(Data supplied Opens)

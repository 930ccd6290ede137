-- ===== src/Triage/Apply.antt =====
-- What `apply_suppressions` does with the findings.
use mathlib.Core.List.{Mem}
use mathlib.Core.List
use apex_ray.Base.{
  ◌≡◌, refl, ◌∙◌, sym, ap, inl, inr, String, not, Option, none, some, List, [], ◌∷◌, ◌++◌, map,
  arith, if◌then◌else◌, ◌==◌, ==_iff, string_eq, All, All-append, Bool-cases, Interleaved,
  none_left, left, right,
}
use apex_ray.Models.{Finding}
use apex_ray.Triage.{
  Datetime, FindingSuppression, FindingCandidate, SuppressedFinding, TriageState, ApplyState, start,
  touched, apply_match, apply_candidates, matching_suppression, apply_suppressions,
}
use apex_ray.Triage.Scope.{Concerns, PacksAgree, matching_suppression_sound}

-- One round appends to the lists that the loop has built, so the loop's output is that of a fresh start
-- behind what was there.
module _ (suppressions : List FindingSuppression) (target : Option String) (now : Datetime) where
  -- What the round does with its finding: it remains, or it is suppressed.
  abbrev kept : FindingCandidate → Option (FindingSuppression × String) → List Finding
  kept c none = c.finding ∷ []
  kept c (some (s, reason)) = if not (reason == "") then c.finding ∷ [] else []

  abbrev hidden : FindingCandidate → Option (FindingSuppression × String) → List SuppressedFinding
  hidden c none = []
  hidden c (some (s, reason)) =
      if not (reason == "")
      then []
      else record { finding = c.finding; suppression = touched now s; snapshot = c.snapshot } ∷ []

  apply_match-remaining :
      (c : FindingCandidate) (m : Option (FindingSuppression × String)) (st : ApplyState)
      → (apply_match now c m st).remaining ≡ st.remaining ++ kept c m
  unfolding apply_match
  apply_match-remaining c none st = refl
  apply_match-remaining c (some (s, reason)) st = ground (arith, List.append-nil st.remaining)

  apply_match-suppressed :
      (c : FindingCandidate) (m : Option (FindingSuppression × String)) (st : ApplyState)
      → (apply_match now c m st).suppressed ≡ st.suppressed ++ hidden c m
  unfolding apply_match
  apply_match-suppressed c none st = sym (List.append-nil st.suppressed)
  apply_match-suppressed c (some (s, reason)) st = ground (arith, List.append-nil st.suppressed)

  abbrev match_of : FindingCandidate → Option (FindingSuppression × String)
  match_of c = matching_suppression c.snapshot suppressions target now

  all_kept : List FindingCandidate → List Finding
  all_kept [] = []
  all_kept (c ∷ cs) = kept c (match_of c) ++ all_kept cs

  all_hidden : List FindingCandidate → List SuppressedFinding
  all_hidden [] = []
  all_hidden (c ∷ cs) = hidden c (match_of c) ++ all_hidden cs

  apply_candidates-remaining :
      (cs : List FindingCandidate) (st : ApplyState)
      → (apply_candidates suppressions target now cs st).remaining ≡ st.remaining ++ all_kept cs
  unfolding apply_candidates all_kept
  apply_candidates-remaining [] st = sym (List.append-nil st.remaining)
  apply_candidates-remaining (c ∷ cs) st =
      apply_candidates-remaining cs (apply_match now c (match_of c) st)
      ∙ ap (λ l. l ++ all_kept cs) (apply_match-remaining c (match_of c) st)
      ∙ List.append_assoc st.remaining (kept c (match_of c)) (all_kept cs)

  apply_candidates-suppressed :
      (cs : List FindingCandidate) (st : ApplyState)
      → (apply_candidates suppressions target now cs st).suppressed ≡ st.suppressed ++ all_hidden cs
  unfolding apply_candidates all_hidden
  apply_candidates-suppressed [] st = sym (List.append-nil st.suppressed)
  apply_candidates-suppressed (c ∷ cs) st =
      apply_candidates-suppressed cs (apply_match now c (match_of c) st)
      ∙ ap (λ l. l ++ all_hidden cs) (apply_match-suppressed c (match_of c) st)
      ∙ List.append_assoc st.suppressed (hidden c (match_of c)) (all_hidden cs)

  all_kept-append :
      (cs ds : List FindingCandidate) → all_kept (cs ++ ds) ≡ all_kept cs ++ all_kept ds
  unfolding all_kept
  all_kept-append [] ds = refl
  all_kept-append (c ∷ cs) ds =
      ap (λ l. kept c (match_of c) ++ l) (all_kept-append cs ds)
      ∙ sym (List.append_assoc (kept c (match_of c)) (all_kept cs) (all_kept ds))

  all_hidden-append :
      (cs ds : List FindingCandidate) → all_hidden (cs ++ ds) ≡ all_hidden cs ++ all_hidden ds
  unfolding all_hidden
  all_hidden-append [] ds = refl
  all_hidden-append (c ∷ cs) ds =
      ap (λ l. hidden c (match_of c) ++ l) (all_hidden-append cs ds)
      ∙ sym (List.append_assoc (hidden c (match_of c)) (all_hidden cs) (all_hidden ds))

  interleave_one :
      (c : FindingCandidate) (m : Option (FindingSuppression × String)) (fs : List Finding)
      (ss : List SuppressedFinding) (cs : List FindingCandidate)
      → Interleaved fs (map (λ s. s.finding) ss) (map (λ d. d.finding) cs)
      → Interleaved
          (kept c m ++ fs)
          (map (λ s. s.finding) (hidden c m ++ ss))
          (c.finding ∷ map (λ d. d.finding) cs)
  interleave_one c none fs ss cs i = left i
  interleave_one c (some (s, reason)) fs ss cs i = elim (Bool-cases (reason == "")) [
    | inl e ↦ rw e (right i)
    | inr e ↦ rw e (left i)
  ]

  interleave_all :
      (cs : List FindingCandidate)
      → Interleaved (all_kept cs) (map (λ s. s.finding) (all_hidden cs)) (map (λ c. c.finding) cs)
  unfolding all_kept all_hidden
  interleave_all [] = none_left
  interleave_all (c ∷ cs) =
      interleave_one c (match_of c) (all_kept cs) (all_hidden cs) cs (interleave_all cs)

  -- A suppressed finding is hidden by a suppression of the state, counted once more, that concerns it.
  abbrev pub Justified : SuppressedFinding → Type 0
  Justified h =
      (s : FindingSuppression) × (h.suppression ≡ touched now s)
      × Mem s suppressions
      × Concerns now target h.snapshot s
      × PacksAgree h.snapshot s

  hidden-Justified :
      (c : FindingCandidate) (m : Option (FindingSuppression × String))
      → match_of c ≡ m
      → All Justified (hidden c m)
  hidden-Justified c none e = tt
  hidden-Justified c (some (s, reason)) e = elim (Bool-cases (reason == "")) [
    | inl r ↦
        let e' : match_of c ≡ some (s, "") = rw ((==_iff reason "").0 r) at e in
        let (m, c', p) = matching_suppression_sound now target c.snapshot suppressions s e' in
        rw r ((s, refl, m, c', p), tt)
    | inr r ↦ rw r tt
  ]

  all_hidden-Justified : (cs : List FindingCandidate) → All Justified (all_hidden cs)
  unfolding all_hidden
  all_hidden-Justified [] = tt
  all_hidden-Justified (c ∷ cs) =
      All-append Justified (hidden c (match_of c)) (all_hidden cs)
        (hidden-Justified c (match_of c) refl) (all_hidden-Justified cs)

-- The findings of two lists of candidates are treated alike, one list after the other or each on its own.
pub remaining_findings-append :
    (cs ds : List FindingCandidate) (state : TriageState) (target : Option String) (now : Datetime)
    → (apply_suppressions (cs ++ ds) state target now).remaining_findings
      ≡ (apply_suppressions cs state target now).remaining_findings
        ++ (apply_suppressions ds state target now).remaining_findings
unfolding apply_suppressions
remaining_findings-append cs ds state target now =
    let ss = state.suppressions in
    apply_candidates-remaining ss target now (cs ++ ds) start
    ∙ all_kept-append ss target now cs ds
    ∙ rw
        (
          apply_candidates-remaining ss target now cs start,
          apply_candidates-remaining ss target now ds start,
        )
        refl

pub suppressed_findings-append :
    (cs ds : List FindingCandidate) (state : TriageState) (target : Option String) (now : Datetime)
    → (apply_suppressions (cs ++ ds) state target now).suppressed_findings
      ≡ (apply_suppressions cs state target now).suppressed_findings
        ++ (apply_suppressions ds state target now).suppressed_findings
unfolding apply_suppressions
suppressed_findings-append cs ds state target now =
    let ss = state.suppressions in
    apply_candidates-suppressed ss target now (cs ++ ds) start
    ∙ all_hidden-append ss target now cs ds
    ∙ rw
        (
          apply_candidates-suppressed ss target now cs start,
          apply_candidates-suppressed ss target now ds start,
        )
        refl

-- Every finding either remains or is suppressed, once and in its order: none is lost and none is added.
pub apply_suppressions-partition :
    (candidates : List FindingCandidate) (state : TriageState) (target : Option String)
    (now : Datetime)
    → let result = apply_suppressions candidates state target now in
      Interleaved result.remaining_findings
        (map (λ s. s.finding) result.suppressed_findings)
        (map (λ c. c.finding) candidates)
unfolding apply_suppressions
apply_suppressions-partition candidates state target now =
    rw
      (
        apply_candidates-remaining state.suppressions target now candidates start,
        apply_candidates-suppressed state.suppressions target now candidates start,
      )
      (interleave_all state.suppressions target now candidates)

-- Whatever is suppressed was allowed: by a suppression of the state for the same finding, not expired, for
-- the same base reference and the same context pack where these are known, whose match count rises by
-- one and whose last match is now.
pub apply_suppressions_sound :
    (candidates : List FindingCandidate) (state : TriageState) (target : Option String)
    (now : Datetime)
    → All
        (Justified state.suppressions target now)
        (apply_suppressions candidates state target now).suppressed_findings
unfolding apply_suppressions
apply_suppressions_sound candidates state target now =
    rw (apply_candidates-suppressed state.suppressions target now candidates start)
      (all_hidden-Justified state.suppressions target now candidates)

(Data supplied Closes)

# What is being asked
Reproduce all lines from the records above that include the word "right".

# Task solution
  none_left, left, right,
    | inl e ↦ rw e (right i)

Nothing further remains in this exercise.